▼

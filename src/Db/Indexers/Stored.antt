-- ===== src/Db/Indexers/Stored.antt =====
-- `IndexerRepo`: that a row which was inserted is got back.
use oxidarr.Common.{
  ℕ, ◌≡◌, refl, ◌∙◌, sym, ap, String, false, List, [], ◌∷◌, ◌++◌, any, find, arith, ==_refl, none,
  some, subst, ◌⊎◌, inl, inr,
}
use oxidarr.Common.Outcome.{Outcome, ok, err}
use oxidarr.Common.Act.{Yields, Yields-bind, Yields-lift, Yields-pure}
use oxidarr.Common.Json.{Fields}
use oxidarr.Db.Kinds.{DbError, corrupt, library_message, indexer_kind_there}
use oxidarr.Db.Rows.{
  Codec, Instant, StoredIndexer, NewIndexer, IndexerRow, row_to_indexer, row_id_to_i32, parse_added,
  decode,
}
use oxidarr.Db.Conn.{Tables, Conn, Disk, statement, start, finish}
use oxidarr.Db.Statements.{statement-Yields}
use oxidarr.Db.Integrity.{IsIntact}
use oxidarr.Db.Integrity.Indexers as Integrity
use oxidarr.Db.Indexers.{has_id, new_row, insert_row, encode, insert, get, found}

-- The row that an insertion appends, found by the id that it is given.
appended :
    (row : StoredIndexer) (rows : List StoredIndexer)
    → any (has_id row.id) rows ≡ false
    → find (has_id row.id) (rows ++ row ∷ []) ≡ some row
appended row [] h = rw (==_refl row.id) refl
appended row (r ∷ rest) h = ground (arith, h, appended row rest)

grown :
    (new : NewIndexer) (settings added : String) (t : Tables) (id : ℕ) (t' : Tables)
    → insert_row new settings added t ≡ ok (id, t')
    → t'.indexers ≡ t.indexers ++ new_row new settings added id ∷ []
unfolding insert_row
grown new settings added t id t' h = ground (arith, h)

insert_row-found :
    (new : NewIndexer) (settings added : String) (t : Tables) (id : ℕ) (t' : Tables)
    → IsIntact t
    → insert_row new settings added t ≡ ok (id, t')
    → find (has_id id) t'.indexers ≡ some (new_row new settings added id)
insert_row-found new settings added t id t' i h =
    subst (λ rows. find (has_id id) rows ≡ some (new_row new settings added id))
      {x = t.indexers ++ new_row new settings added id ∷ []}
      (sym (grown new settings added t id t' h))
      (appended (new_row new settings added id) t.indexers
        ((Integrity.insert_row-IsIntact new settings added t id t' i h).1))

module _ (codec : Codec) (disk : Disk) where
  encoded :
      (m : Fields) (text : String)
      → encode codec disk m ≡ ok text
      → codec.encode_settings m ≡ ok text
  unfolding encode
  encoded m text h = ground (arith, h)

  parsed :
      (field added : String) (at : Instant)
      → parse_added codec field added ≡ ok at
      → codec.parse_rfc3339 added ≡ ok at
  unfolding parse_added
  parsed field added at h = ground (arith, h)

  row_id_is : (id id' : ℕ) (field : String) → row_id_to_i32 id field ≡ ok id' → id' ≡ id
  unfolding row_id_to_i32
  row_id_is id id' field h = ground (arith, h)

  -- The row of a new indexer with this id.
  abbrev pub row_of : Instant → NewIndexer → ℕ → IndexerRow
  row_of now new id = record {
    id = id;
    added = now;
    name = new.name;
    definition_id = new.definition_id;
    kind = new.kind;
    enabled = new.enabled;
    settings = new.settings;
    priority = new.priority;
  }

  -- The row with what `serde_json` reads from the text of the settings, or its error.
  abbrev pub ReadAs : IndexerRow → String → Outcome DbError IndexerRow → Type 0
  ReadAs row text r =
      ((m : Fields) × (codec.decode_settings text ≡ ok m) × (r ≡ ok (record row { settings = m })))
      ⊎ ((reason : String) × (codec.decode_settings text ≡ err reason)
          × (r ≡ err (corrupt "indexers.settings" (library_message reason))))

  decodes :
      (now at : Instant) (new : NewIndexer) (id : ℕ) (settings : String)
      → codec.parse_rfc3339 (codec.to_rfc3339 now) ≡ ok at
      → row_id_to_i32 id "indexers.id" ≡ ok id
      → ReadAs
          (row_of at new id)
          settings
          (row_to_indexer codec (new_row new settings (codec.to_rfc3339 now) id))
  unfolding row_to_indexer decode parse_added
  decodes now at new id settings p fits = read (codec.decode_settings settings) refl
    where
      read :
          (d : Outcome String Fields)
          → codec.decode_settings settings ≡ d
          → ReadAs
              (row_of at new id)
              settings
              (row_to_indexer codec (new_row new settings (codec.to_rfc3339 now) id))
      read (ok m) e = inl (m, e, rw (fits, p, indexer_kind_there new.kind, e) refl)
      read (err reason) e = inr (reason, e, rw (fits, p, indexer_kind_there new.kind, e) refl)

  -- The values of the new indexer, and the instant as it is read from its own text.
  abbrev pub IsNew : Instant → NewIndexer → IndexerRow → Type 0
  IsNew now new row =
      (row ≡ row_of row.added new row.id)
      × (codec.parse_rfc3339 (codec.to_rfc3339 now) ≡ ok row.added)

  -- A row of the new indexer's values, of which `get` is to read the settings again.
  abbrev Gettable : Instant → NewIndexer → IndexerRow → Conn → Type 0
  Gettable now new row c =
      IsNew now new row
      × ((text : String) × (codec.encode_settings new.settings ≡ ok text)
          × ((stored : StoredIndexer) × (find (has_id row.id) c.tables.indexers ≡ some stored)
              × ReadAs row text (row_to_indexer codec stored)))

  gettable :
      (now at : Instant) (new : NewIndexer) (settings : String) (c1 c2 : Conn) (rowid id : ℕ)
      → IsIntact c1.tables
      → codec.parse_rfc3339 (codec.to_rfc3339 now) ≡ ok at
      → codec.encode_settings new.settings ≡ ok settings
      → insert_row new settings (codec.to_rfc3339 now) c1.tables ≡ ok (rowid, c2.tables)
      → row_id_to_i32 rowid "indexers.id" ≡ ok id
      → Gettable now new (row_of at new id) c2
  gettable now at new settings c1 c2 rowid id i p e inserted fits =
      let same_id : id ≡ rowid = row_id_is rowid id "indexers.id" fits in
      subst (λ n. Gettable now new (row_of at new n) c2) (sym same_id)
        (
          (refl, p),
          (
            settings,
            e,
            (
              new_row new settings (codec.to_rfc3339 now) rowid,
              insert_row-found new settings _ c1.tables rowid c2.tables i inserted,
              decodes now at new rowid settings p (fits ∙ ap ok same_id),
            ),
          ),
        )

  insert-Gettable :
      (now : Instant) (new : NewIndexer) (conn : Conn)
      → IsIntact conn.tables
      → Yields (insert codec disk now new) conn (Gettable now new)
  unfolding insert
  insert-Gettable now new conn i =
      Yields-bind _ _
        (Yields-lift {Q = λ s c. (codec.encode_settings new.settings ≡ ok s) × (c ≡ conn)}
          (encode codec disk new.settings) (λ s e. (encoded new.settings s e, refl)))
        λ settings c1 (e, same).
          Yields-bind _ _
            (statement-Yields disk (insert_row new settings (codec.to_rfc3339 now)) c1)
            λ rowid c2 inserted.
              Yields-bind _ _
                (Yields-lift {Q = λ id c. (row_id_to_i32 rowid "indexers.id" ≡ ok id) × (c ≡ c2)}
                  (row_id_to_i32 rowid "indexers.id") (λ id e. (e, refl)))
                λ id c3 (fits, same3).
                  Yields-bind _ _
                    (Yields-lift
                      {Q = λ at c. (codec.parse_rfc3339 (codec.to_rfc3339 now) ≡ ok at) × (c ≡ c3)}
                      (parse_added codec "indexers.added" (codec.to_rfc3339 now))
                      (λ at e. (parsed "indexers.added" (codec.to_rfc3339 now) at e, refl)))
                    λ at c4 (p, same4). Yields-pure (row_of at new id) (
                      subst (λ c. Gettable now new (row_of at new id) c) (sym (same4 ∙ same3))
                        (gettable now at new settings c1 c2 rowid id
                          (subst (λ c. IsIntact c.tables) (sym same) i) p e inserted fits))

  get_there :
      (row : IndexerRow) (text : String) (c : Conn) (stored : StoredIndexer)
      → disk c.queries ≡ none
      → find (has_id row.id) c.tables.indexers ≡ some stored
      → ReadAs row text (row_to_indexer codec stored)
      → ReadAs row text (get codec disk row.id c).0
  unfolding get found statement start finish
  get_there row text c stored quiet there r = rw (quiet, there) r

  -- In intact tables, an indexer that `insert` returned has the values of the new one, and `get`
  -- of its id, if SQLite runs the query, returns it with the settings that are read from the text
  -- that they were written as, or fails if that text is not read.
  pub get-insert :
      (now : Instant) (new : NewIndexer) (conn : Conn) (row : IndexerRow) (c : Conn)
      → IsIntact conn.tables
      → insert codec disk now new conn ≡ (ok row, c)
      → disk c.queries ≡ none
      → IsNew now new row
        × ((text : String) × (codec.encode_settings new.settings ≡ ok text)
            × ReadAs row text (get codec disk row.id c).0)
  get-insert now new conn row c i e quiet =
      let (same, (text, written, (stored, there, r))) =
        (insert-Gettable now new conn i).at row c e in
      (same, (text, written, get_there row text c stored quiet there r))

▲

**ASSIGNMENT:**
In the listing above, find the line containing "-- The row with" and the line containing "now) ≡ ok row.added)", then repeat those two lines and everything between them exactly.

**PROBLEM SOLUTION:**
  -- The row with what `serde_json` reads from the text of the settings, or its error.
  abbrev pub ReadAs : IndexerRow → String → Outcome DbError IndexerRow → Type 0
  ReadAs row text r =
      ((m : Fields) × (codec.decode_settings text ≡ ok m) × (r ≡ ok (record row { settings = m })))
      ⊎ ((reason : String) × (codec.decode_settings text ≡ err reason)
          × (r ≡ err (corrupt "indexers.settings" (library_message reason))))

  decodes :
      (now at : Instant) (new : NewIndexer) (id : ℕ) (settings : String)
      → codec.parse_rfc3339 (codec.to_rfc3339 now) ≡ ok at
      → row_id_to_i32 id "indexers.id" ≡ ok id
      → ReadAs
          (row_of at new id)
          settings
          (row_to_indexer codec (new_row new settings (codec.to_rfc3339 now) id))
  unfolding row_to_indexer decode parse_added
  decodes now at new id settings p fits = read (codec.decode_settings settings) refl
    where
      read :
          (d : Outcome String Fields)
          → codec.decode_settings settings ≡ d
          → ReadAs
              (row_of at new id)
              settings
              (row_to_indexer codec (new_row new settings (codec.to_rfc3339 now) id))
      read (ok m) e = inl (m, e, rw (fits, p, indexer_kind_there new.kind, e) refl)
      read (err reason) e = inr (reason, e, rw (fits, p, indexer_kind_there new.kind, e) refl)

  -- The values of the new indexer, and the instant as it is read from its own text.
  abbrev pub IsNew : Instant → NewIndexer → IndexerRow → Type 0
  IsNew now new row =
      (row ≡ row_of row.added new row.id)
      × (codec.parse_rfc3339 (codec.to_rfc3339 now) ≡ ok row.added)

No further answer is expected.